A relational database and analytical query suite over Premier League data, analyzing Arsenal FC's 2022–23 season and evaluating 2023–24 transfer targets - with hands-on index design and query-performance optimization measured via
EXPLAIN ANALYZE.
Stack: PostgreSQL · SQL (DDL/DML) · Python (data cleaning) · ER modeling Domain: Databases · SQL · Query optimization · Sports analytics
Evaluate Arsenal FC's on-field performance and assess incoming player transfers using a properly normalized relational database - and demonstrate how indexing changes query performance at scale.
Kaggle "Player Scores" dataset - 9 tables: games, game events, appearances, clubs, club games, players, player valuations, competitions, and more.
- Schema design: ER diagrams and a normalized 9-table schema (
DDL_statement.sql). - Data loading: Python cleaning script +
DML_statement.sql. - Analytical queries: goal rates, player contributions, match outcomes, transfer evaluation.
- Indexing & optimization: B-tree and composite indexes (e.g.
appearances(player_id),appearances(game_id, goals),appearances(date),club_games(club_id)).

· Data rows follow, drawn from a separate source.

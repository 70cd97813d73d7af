-- ===== src/Backtest/Order.antt =====
-- settlement/backtest.py: the steps of a recorded fill, and that the fills of a session move forward.
use defi_engine.Base.{
  ◌≡◌, refl, ◌⊎◌, inl, inr, ℕ, ◌<◌, ◌==◌, ◌||◌, ◌&&◌, String, Bool, true, false, Option, none, some,
  arith, List, [], ◌∷◌, if◌then◌else◌, ltb, str_eq, truthy, str_eq→eq, best, select,
}
use defi_engine.Base.Int.{ℤ}
use defi_engine.Base.Members.{All}
use defi_engine.Base.Time.{Instant, ensure_utc}
use defi_engine.Env.{Env}
use defi_engine.Truth.{Database, Result, return, BacktestSession, BacktestFill}
use defi_engine.Truth.Returns.{
  bind-returns, then-returns, raise_if-returns, or_raise-returns, finish-returns,
}
use defi_engine.Settings.{usdc_mint}
use defi_engine.Base.Text.{parse_int}
use defi_engine.Paper.{resolve_asset_decimals}
use defi_engine.Paper.Guards.{not-flip}
use defi_engine.Backtest.Amounts.{
  normalize_side, current_cash, compute_fee_usdc, Applied, apply_fill,
}
use defi_engine.Backtest.Record.{
  FillRequest, FillReceipt, positive, find_backtest_session, last_fill, goes_back,
  find_backtest_position, backtest_fill, recorded, record_fill,
}

-- The first row by a descending key has the greatest key.
module _ {ℓ} {A : Type ℓ} (p : A → Bool) (key id : A → ℕ) where
  abbrev later : A → A → Bool
  later a b = ltb (key a) (key b) || (key a == key b && ltb (id a) (id b))

  abbrev Before : ℕ → A → Type 0
  Before t x = (p x ≡ false) ⊎ (key x < t)

  abbrev Bounded : ℕ → Option A → Type 0
  Bounded t none = Unit
  Bounded t (some y) = key y < t

  choose :
      (t : ℕ) (x : A) (o : Option A)
      → Bounded t
          (elim o as (λ _. Option A) [ none ↦ some x | some y ↦ some (if later x y then y else x) ])
      → (key x < t) × Bounded t o
  choose t x none h = (h, tt)
  choose t x (some y) h = (ground arith, ground arith)

  pick :
      (t : ℕ) (b : Bool) (x : A) (xs : List A)
      → Bounded t (best later (if b then x ∷ xs else xs))
      → ((b ≡ false) ⊎ (key x < t)) × Bounded t (best later xs)
  unfolding best
  pick t false x xs h = (inl refl, h)
  pick t true x xs h = let (less, rest) = choose t x (best later xs) h in (inr less, rest)

  best-Before : (t : ℕ) (xs : List A) → Bounded t (best later (select p xs)) → All (Before t) xs
  unfolding select
  best-Before t [] h = tt
  best-Before t (x ∷ xs) h =
      let (here, rest) = pick t (p x) x (select p xs) h in (here, best-Before t xs rest)

pub return-fst-snd :
    {A B : Type 0} (p : A × B) (a : A) (b : B)
    → ◌≡◌ {A = Result (A × B)} (return p) (return (a, b))
    → (a ≡ p.0) × (b ≡ p.1)
return-fst-snd (x, y) a b h = (cc, cc)

module _ (E : Env) where
  -- The steps of a recorded fill.
  pub record FillSteps (request : FillRequest E) (db : Database E) (receipt : FillReceipt E)
      (db' : Database E) : Type 0 where
    pub owner : BacktestSession E
    pub event_time : Instant
    pub side : String
    pub decimals : ℕ
    pub input : ℤ
    pub output : ℤ
    pub applied : Applied E
    pub timed : ensure_utc (some request.event_time) ≡ some event_time
    pub referenced : truthy request.replay_reference ≡ true
    pub sided : normalize_side request.side ≡ some side
    pub priced : E.le request.fill_price_usdc E.float_zero ≡ false
    pub found : find_backtest_session E db request.session_id ≡ some owner
    pub was_open : owner.status ≡ "open"
    pub forward : goes_back E event_time (last_fill E db request.session_id) ≡ false
    pub supported :
        (if str_eq request.mint usdc_mint then none else resolve_asset_decimals E db request.mint)
        ≡ some decimals
    pub input_parsed : positive E (parse_int (some request.input_amount)) ≡ some input
    pub output_parsed : positive E (parse_int (some request.output_amount)) ≡ some output
    pub applies :
        apply_fill E side
          (current_cash E db request.session_id owner.starting_cash_usdc)
          (find_backtest_position E db request.session_id request.mint)
          input
          output
          decimals
          (compute_fee_usdc E side input output owner.fee_bps)
        ≡ return applied
    pub leaves :
        let fee = compute_fee_usdc E side input output owner.fee_bps in
        let fill = backtest_fill E db owner event_time side input output fee request in
        let position = find_backtest_position E db request.session_id request.mint in
        (receipt ≡ (recorded E db fill applied position request).0)
        × (db' ≡ (recorded E db fill applied position request).1)

  pub record_fill-steps :
      (request : FillRequest E) (db db' : Database E) (receipt : FillReceipt E)
      → ◌≡◌ {A = Result (FillReceipt E) × Database E}
          (record_fill E request db)
          (return receipt, db')
      → FillSteps request db receipt db'
  unfolding record_fill
  record_fill-steps request db db' receipt h =
      let (event_time, h₁, k₁) = bind-returns _ _ _ (finish-returns db _ receipt db' h) in
      let (h₂, k₂) = then-returns _ _ _ k₁ in
      let (side, h₃, k₃) = bind-returns _ _ _ k₂ in
      let (h₄, k₄) = then-returns _ _ _ k₃ in
      let (owner, h₅, k₅) = bind-returns _ _ _ k₄ in
      let (h₆, k₆) = then-returns _ _ _ k₅ in
      let (h₇, k₇) = then-returns _ _ _ k₆ in
      let (decimals, h₈, k₈) = bind-returns _ _ _ k₇ in
      let (input, h₉, k₉) = bind-returns _ _ _ k₈ in
      let (output, h₁₀, k₁₀) = bind-returns _ _ _ k₉ in
      let (applied, h₁₁, k₁₁) = bind-returns _ _ _ k₁₀ in
      let fee = compute_fee_usdc E side input output owner.fee_bps in
      let fill = backtest_fill E db owner event_time side input output fee request in
      let position = find_backtest_position E db request.session_id request.mint in
      let (answered, appended) =
        return-fst-snd (recorded E db fill applied position request) receipt db' k₁₁ in
      record {
        owner = owner;
        event_time = event_time;
        side = side;
        decimals = decimals;
        input = input;
        output = output;
        applied = applied;
        timed = or_raise-returns _ _ _ h₁;
        referenced = (not-flip _).0 (raise_if-returns _ _ h₂);
        sided = or_raise-returns _ _ _ h₃;
        priced = raise_if-returns _ _ h₄;
        found = or_raise-returns _ _ _ h₅;
        was_open = str_eq→eq _ _ ((not-flip _).0 (raise_if-returns _ _ h₆));
        forward = raise_if-returns _ _ h₇;
        supported = or_raise-returns _ _ _ h₈;
        input_parsed = or_raise-returns _ _ _ h₉;
        output_parsed = or_raise-returns _ _ _ h₁₀;
        applies = h₁₁;
        leaves = (answered, appended);
      }

  -- A fill of another session, or one before `t`.
  abbrev pub Earlier : ℕ → Instant → BacktestFill E → Type 0
  Earlier session_id t fill = ((fill.session_id == session_id) ≡ false) ⊎ (fill.event_time < t)

  forward-Earlier :
      (session_id : ℕ) (t : Instant) (db : Database E)
      → goes_back E t (last_fill E db session_id) ≡ false
      → All (Earlier session_id t) db.backtest_fills
  unfolding last_fill
  forward-Earlier session_id t db h =
      best-Before (λ (row : BacktestFill E). row.session_id == session_id) (λ row. row.event_time)
        (λ row. row.id) t db.backtest_fills (bounded (last_fill E db session_id) h)
    where
      bounded :
          (o : Option (BacktestFill E))
          → goes_back E t o ≡ false
          → Bounded
              (λ (row : BacktestFill E). row.session_id == session_id)
              (λ row. row.event_time)
              (λ row. row.id)
              t
              o
      bounded none h = tt
      bounded (some fill) h = ground arith

  -- A backtest session only moves forward: when a fill has been recorded, every fill that its
  -- session had before is strictly earlier.
  pub record_fill-forward :
      (request : FillRequest E) (db db' : Database E) (receipt : FillReceipt E)
      → ◌≡◌ {A = Result (FillReceipt E) × Database E}
          (record_fill E request db)
          (return receipt, db')
      → (t : Instant) × (ensure_utc (some request.event_time) ≡ some t)
        × All (Earlier request.session_id t) db.backtest_fills
  record_fill-forward request db db' receipt h =
      let w = record_fill-steps request db db' receipt h in
      (w.event_time, w.timed, forward-Earlier request.session_id w.event_time db w.forward)
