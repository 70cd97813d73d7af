-- ===== src/Backtest/Finality.antt =====
-- settlement/backtest.py: a closed backtest session takes no fill and no second close.
use mathlib.Core.Path.{subst}
use defi_engine.Base.{
  ◌≡◌, refl, sym, ap, ◌∙◌, ℕ, ◌==◌, String, true, Option, some, arith, List, str_eq, str_eq→eq,
  str_ne, select, ◌≢◌,
}
use defi_engine.Base.Sort.{sort_by}
use defi_engine.Base.Members.{find_first-update}
use defi_engine.Base.Time.{Instant}
use defi_engine.Env.{Env}
use defi_engine.Truth.{
  Database, finish, Exception, Result, return, raise, BacktestSession, BacktestPosition,
}
use defi_engine.Truth.Returns.{
  bind-returns, then-returns, raise_if-returns, or_raise-returns, finish-returns,
}
use defi_engine.Paper.Guards.{not-flip}
use defi_engine.Backtest.Amounts.{current_cash}
use defi_engine.Backtest.Record.{FillRequest, FillReceipt, find_backtest_session, record_fill}
use defi_engine.Backtest.Close.{
  BacktestCloseRequest, BacktestCloseAnswer, closed_backtest, close_backtest_rows, close_session,
}
use defi_engine.Backtest.Order.{record_fill-steps, return-fst-snd}

states_ne : ◌≢◌ {A = String} "closed" "open"
unfolding str_eq
states_ne = str_ne _ _ refl

same_id : (n : ℕ) → (n == n) ≡ true
same_id n = ground arith

-- A call that cannot return raises, and leaves the database as it was.
pub raises-unless_returns {ℓ} :
    {E : Env} {A : Type ℓ} (db : Database E) (r : Result (A × Database E))
    → ((a : A) (db' : Database E)
        → ◌≡◌ {A = Result A × Database E} (finish db r) (return a, db')
        → ⊥)
    → (e : Exception) × (◌≡◌ {A = Result A × Database E} (finish db r) (raise e, db))
raises-unless_returns db (return (a, db')) never = absurd (never a db' refl)
raises-unless_returns db (raise e) never = (e, refl)

some_same : {A : Type 0} (a b : A) → ◌≡◌ {A = Option A} (some a) (some b) → a ≡ b
some_same a b h = cc

module _ (E : Env) where
  -- What a completed close found and left.
  pub record BacktestClosed (request : BacktestCloseRequest E) (db : Database E) (db' : Database E)
      : Type 0 where
    pub owner : BacktestSession E
    pub at : Instant
    pub positions : List (BacktestPosition E)
    pub found : find_backtest_session E db request.session_id ≡ some owner
    pub was_open : owner.status ≡ "open"
    pub leaves : db' ≡ (close_backtest_rows E db owner at positions request).1

  close_session-closes :
      (request : BacktestCloseRequest E) (db db' : Database E) (answer : BacktestCloseAnswer E)
      → ◌≡◌ {A = Result (BacktestCloseAnswer E) × Database E}
          (close_session E request db)
          (return answer, db')
      → BacktestClosed request db db'
  unfolding close_session
  close_session-closes request db db' answer h =
      let (at, h₁, k₁) = bind-returns _ _ _ (finish-returns db _ answer db' h) in
      let (owner, h₂, k₂) = bind-returns _ _ _ k₁ in
      let (h₃, k₃) = then-returns _ _ _ k₂ in
      let (h₄, k₄) = then-returns _ _ _ k₃ in
      let (h₅, k₅) = then-returns _ _ _ k₄ in
      let (answered, appended) = return-fst-snd _ answer db' k₅ in
      record {
        owner = owner;
        at = at;
        positions =
            sort_by (λ row. row.mint)
              (select (λ row. row.session_id == request.session_id) db.backtest_positions);
        found = or_raise-returns _ _ _ h₂;
        was_open = str_eq→eq _ _ ((not-flip _).0 (raise_if-returns _ _ h₃));
        leaves = appended;
      }

  -- After a completed close the session is closed.
  close_session-status :
      (request : BacktestCloseRequest E) (db db' : Database E)
      → BacktestClosed request db db'
      → (s : BacktestSession E) × (find_backtest_session E db' request.session_id ≡ some s)
        × (s.status ≡ "closed")
  unfolding find_backtest_session close_backtest_rows closed_backtest
  close_session-status request db db' c =
      let s = c.owner in
      let cash = current_cash E db request.session_id s.starting_cash_usdc in
      let after = closed_backtest E c.at cash request in
      let found =
        find_first-update (λ (row : BacktestSession E). row.id == request.session_id)
          (λ row. row.id == s.id) after db.backtest_sessions s (λ x. refl) (same_id s.id) c.found in
      (
        after s,
        subst (λ d. find_backtest_session E d request.session_id ≡ some (after s)) (sym c.leaves)
            found,
        refl,
      )

  -- The session under this id is not open.
  never_fills :
      (request : FillRequest E) (db db' : Database E) (receipt : FillReceipt E)
      (s : BacktestSession E)
      → find_backtest_session E db request.session_id ≡ some s
      → s.status ≡ "closed"
      → ◌≡◌ {A = Result (FillReceipt E) × Database E}
          (record_fill E request db)
          (return receipt, db')
      → ⊥
  never_fills request db db' receipt s found shut h =
      let w = record_fill-steps E request db db' receipt h in
      let same : s ≡ w.owner = some_same s w.owner (sym found ∙ w.found) in
      states_ne (sym shut ∙ (ap (λ (x : BacktestSession E). x.status) same ∙ w.was_open))

  never_closes :
      (request : BacktestCloseRequest E) (db db' : Database E) (answer : BacktestCloseAnswer E)
      (s : BacktestSession E)
      → find_backtest_session E db request.session_id ≡ some s
      → s.status ≡ "closed"
      → ◌≡◌ {A = Result (BacktestCloseAnswer E) × Database E}
          (close_session E request db)
          (return answer, db')
      → ⊥
  never_closes request db db' answer s found shut h =
      let c = close_session-closes request db db' answer h in
      let same : s ≡ c.owner = some_same s c.owner (sym found ∙ c.found) in
      states_ne (sym shut ∙ (ap (λ (x : BacktestSession E). x.status) same ∙ c.was_open))

  refuses_fill :
      (request : FillRequest E) (db : Database E) (s : BacktestSession E)
      → find_backtest_session E db request.session_id ≡ some s
      → s.status ≡ "closed"
      → (e : Exception) × (◌≡◌ {A = Result (FillReceipt E) × Database E}
          (record_fill E request db)
          (raise e, db))
  unfolding record_fill
  refuses_fill request db s found shut =
      raises-unless_returns db _
        (λ receipt db' h. never_fills request db db' receipt s found shut h)

  refuses_close :
      (request : BacktestCloseRequest E) (db : Database E) (s : BacktestSession E)
      → find_backtest_session E db request.session_id ≡ some s
      → s.status ≡ "closed"
      → (e : Exception) × (◌≡◌ {A = Result (BacktestCloseAnswer E) × Database E}
          (close_session E request db)
          (raise e, db))
  unfolding close_session
  refuses_close request db s found shut =
      raises-unless_returns db _ (λ answer db' h. never_closes request db db' answer s found shut h)

  -- A backtest session that was closed stays closed: every later fill into it and every later close
  -- of it, with whatever arguments, raises and writes nothing.
  pub close_session-final :
      (request : BacktestCloseRequest E) (db db' : Database E) (answer : BacktestCloseAnswer E)
      (fill : FillRequest E) (again : BacktestCloseRequest E)
      → ◌≡◌ {A = Result (BacktestCloseAnswer E) × Database E}
          (close_session E request db)
          (return answer, db')
      → fill.session_id ≡ request.session_id
      → again.session_id ≡ request.session_id
      → ((e : Exception) × (◌≡◌ {A = Result (FillReceipt E) × Database E}
            (record_fill E fill db')
            (raise e, db')))
        × ((e : Exception) × (◌≡◌ {A = Result (BacktestCloseAnswer E) × Database E}
              (close_session E again db')
              (raise e, db')))
  close_session-final request db db' answer fill again h same_fill same_again =
      let c = close_session-closes request db db' answer h in
      let (s, found, shut) = close_session-status request db db' c in
      (
        refuses_fill fill db' s
            (subst (λ i. find_backtest_session E db' i ≡ some s) (sym same_fill) found) shut,
        refuses_close again db' s
            (subst (λ i. find_backtest_session E db' i ≡ some s) (sym same_again) found) shut,
      )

Query 1 was benchmarked in two states to quantify the impact of indexing:
- Before any statistics collection or indexing
- After statistics + indexes
Execution plans were compared with EXPLAIN ANALYZE to show the cost/time reduction from index usage.
Responsible for data preparation, ER diagram design, and dataset import (CIS 556 Database Systems, team of 3).
SQL scripts (DDL, DML, analysis queries, indexing) and the final report are in this folder.